----- RECORDS FOR THIS TASK -----
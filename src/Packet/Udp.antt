-- ===== src/Packet/Udp.antt =====
-- honeytrap/listener/canary/udp/udp.go: the UDP header, its parser and its writer.
pub mod Inverse
use dynamic_labyrinth.Base.{
  ℕ, ◌+◌, ◌≡◌, List, ◌++◌, length, ltb, ◌==◌, if◌then◌else◌, Outcome, ok, err, ◌>>=◌,
}
use dynamic_labyrinth.Base.Bytes.{IsU16, slice, slice_from, be_u16, put_u16}

pub record Header : Type 0 where
  pub source : ℕ
  pub destination : ℕ
  pub len : ℕ
  pub checksum : ℕ
  pub payload : List ℕ

pub data Error : Type 0 where
  incorrect_size : ℕ → Error
  length_mismatch : ℕ → ℕ → Error

unfoldable pub unmarshal : List ℕ → Outcome Error Header
unmarshal bytes = if ltb (length bytes) 8 then err (incorrect_size (length bytes)) else do
  source ← slice bytes 0 2 >>= be_u16
  destination ← slice bytes 2 4 >>= be_u16
  len ← slice bytes 4 6 >>= be_u16
  checksum ← slice bytes 6 8 >>= be_u16
  payload ← slice_from bytes 8
  let hdr : Header = record {
    source = source;
    destination = destination;
    len = len;
    checksum = checksum;
    payload = payload;
  }
  if length bytes == len then ok hdr else err (length_mismatch (length bytes) len)

unfoldable pub marshal : Header → List ℕ
marshal hdr =
    put_u16 hdr.source
    ++ (put_u16 hdr.destination ++ (put_u16 hdr.len ++ (put_u16 hdr.checksum ++ hdr.payload)))

-- What the Go types of the fields say, and that the length field counts the whole datagram.
pub record IsWellFormed (h : Header) : Type 0 where
  pub source : IsU16 h.source
  pub destination : IsU16 h.destination
  pub checksum : IsU16 h.checksum
  pub len : IsU16 h.len
  pub counted : h.len ≡ 8 + length h.payload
-----
§ **WHAT IS EXPECTED**
I need every line of the material that includes "checksum", so please copy them out.

§ **YOUR SOLUTION**
  pub checksum : ℕ
  checksum ← slice bytes 6 8 >>= be_u16
    checksum = checksum;
    ++ (put_u16 hdr.destination ++ (put_u16 hdr.len ++ (put_u16 hdr.checksum ++ hdr.payload)))
  pub checksum : IsU16 h.checksum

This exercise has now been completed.